- Required action
Search the listing below for the line containing "call-Tables (delete_argo_copy env". From there through the line containing "(env : Env) (namespace uid : String) →", transcribe every line exactly, both ends included.

- Supplied data
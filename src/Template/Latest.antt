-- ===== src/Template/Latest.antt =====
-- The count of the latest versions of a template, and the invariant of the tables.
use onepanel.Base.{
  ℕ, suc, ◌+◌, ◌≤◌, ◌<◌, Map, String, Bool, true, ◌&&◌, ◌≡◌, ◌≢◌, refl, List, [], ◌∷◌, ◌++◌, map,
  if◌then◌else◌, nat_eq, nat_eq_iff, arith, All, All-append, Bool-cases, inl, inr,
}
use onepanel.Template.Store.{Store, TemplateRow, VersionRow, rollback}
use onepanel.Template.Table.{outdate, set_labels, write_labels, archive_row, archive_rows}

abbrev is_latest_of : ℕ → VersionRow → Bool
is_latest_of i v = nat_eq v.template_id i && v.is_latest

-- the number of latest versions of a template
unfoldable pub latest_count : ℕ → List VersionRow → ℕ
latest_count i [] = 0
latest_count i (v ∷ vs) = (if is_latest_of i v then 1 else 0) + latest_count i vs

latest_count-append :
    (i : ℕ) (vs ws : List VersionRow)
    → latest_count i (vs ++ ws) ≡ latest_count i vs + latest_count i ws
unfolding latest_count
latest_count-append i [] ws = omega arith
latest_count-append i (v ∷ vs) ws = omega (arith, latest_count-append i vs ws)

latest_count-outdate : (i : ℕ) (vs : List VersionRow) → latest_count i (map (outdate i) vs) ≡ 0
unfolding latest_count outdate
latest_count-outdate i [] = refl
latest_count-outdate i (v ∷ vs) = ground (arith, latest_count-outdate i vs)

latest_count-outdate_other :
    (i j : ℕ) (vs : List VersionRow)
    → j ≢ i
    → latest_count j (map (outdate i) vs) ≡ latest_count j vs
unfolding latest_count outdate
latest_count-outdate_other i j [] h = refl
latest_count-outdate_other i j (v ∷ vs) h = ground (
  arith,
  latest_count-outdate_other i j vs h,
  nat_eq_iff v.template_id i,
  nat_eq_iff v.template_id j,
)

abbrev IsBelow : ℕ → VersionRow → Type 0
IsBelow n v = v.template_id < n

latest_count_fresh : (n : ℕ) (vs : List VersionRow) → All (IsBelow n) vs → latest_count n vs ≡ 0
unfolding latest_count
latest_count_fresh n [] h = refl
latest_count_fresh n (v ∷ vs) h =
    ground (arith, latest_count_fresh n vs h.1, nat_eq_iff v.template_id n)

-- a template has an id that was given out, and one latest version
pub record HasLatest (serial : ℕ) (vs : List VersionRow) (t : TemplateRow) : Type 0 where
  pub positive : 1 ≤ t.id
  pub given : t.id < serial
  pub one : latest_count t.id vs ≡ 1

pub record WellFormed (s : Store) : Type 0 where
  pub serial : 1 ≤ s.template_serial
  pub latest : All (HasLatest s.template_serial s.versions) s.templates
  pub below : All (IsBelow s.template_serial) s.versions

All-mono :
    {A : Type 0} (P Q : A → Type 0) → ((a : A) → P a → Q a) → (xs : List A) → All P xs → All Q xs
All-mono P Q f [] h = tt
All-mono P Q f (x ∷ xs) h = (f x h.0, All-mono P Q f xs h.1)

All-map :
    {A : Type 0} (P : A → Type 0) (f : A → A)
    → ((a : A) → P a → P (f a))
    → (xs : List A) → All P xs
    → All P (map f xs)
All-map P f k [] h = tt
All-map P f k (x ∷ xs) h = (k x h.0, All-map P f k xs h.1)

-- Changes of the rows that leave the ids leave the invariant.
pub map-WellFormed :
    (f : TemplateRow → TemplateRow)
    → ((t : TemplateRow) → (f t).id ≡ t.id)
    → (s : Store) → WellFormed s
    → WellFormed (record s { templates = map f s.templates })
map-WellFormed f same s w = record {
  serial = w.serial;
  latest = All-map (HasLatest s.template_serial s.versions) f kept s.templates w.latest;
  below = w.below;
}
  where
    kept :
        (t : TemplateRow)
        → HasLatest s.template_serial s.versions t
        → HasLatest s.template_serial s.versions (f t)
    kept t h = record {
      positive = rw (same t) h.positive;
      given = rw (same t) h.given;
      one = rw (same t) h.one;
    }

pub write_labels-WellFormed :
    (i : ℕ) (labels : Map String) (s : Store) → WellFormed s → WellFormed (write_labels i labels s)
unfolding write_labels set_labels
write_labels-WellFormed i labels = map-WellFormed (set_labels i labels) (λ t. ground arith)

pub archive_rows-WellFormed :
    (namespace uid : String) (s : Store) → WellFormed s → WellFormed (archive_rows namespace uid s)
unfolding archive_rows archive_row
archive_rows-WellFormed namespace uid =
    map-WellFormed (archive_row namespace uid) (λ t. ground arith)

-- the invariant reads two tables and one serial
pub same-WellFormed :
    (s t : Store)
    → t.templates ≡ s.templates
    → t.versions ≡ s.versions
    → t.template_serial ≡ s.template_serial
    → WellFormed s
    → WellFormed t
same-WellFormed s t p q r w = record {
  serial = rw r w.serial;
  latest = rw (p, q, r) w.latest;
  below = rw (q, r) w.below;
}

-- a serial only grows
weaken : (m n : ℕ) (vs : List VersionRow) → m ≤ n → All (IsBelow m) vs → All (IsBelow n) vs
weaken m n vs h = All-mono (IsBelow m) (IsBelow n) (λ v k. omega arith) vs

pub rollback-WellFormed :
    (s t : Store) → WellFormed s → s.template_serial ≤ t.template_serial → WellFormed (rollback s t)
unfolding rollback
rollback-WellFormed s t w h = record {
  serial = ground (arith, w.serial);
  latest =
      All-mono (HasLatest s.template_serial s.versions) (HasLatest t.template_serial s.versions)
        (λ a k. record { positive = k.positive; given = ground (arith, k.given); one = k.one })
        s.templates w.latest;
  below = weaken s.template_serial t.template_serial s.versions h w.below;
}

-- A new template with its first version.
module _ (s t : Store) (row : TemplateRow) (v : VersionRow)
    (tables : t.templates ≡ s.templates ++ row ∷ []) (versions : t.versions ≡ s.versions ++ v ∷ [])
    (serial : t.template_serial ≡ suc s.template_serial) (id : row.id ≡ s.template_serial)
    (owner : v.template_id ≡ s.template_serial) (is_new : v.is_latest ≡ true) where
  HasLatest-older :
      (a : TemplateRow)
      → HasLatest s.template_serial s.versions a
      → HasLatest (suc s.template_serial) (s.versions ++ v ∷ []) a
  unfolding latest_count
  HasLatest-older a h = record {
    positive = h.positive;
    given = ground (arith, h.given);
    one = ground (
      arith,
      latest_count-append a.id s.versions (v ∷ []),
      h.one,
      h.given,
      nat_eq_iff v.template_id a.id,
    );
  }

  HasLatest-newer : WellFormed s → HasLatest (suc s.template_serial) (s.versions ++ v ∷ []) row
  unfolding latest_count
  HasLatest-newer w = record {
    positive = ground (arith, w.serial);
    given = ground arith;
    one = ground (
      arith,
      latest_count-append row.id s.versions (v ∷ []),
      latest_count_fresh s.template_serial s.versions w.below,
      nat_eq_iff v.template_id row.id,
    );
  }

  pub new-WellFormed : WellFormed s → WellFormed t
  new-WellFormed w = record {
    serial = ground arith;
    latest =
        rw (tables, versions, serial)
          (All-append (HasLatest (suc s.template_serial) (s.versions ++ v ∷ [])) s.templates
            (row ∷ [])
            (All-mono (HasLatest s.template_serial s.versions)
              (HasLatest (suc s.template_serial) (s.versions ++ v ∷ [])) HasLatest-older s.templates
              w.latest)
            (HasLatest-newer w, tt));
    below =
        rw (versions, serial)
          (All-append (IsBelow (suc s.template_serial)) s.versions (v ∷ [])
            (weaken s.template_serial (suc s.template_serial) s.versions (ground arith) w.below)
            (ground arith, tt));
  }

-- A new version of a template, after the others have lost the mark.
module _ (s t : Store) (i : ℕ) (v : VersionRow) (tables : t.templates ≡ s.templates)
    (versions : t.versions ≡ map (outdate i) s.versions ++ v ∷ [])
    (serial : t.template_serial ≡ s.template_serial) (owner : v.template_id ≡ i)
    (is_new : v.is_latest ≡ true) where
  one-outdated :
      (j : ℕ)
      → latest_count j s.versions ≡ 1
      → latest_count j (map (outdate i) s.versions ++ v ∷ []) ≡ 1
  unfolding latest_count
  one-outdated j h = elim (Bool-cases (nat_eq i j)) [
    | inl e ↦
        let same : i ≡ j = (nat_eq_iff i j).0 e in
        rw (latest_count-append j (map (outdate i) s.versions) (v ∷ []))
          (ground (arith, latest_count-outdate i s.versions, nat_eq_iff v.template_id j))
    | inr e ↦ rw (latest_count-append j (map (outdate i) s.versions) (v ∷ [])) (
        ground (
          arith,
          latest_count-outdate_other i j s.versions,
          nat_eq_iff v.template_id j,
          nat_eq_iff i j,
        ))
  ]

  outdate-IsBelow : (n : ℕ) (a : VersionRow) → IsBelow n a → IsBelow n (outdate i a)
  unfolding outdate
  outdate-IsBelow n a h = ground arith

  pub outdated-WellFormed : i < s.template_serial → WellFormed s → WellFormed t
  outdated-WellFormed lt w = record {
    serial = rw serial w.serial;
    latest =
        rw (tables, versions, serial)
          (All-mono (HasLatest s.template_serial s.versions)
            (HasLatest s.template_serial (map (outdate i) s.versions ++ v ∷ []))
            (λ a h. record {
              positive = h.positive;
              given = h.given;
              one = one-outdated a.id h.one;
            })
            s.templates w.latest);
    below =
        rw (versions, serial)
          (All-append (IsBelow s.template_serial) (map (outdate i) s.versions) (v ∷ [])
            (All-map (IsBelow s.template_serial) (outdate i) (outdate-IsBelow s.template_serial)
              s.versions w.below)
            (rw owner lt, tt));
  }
...
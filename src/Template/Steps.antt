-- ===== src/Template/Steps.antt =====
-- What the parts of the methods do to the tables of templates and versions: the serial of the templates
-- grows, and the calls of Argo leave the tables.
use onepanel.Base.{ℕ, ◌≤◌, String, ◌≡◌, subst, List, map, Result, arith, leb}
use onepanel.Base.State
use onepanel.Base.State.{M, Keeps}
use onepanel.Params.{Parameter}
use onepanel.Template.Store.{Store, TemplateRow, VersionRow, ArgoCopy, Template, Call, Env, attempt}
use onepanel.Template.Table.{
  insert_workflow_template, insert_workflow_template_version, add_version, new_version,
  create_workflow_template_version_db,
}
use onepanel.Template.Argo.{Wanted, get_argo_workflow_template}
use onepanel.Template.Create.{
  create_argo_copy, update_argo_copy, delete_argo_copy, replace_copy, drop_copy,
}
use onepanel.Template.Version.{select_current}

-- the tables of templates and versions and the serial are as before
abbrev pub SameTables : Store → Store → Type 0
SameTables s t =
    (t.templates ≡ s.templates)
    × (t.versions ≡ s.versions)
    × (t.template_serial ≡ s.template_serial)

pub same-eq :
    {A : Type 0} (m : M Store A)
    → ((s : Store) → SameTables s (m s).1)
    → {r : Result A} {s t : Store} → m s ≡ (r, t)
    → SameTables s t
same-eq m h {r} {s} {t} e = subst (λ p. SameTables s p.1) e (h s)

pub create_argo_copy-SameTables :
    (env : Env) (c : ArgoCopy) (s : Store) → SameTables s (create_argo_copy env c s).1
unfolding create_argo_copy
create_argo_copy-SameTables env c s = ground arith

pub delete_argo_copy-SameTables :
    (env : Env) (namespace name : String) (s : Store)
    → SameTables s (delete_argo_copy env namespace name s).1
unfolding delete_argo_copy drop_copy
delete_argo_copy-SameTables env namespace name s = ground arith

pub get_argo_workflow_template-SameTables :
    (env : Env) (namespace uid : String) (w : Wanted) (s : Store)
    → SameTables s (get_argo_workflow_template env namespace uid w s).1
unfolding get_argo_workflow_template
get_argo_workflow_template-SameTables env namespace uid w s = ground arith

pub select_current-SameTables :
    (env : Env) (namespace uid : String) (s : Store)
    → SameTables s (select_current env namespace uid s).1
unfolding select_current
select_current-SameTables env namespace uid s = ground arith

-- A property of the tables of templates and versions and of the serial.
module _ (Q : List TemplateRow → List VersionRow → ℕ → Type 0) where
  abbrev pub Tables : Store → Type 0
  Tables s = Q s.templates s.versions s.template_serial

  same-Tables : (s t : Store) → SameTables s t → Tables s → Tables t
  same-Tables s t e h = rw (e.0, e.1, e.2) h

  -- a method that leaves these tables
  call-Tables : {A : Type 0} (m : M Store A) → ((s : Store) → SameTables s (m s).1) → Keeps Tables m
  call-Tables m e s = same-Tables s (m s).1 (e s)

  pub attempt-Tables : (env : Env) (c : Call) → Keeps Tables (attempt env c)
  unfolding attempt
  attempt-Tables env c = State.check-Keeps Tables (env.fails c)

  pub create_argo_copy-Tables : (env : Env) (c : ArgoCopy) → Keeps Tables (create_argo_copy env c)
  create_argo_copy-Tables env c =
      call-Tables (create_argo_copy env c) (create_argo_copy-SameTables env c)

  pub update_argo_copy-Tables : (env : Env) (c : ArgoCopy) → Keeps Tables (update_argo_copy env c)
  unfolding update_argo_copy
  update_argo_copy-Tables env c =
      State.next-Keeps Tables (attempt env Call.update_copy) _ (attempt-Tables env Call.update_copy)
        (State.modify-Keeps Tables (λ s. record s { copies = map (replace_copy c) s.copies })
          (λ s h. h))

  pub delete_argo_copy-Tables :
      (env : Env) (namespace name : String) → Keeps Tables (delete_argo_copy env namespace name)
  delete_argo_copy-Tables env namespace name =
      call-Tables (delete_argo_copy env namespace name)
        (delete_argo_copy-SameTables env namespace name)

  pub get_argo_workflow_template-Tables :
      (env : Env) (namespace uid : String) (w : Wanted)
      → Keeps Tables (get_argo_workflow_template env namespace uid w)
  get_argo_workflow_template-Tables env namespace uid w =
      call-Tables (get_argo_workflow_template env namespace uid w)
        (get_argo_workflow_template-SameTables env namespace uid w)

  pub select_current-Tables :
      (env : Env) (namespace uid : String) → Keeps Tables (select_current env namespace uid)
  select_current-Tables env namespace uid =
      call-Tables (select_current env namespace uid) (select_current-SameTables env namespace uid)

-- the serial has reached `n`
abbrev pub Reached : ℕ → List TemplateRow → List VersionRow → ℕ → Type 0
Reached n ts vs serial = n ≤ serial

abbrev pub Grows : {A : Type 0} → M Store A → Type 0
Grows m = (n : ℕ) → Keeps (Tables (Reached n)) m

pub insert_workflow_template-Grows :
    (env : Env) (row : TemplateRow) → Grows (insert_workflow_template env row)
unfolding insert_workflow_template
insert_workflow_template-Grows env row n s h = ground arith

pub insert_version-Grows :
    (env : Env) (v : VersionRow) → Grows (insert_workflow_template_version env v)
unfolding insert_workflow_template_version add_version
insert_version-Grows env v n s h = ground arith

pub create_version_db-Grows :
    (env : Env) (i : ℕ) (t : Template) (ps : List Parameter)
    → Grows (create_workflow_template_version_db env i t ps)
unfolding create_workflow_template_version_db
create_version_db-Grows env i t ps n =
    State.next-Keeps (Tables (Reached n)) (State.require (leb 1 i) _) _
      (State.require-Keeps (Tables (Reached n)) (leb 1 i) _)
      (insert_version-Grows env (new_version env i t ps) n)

- Exercise solution
      call-Tables (delete_argo_copy env namespace name)
        (delete_argo_copy-SameTables env namespace name)

  pub get_argo_workflow_template-Tables :
      (env : Env) (namespace uid : String) (w : Wanted)
      → Keeps Tables (get_argo_workflow_template env namespace uid w)
  get_argo_workflow_template-Tables env namespace uid w =
      call-Tables (get_argo_workflow_template env namespace uid w)
        (get_argo_workflow_template-SameTables env namespace uid w)

  pub select_current-Tables :
      (env : Env) (namespace uid : String) → Keeps Tables (select_current env namespace uid)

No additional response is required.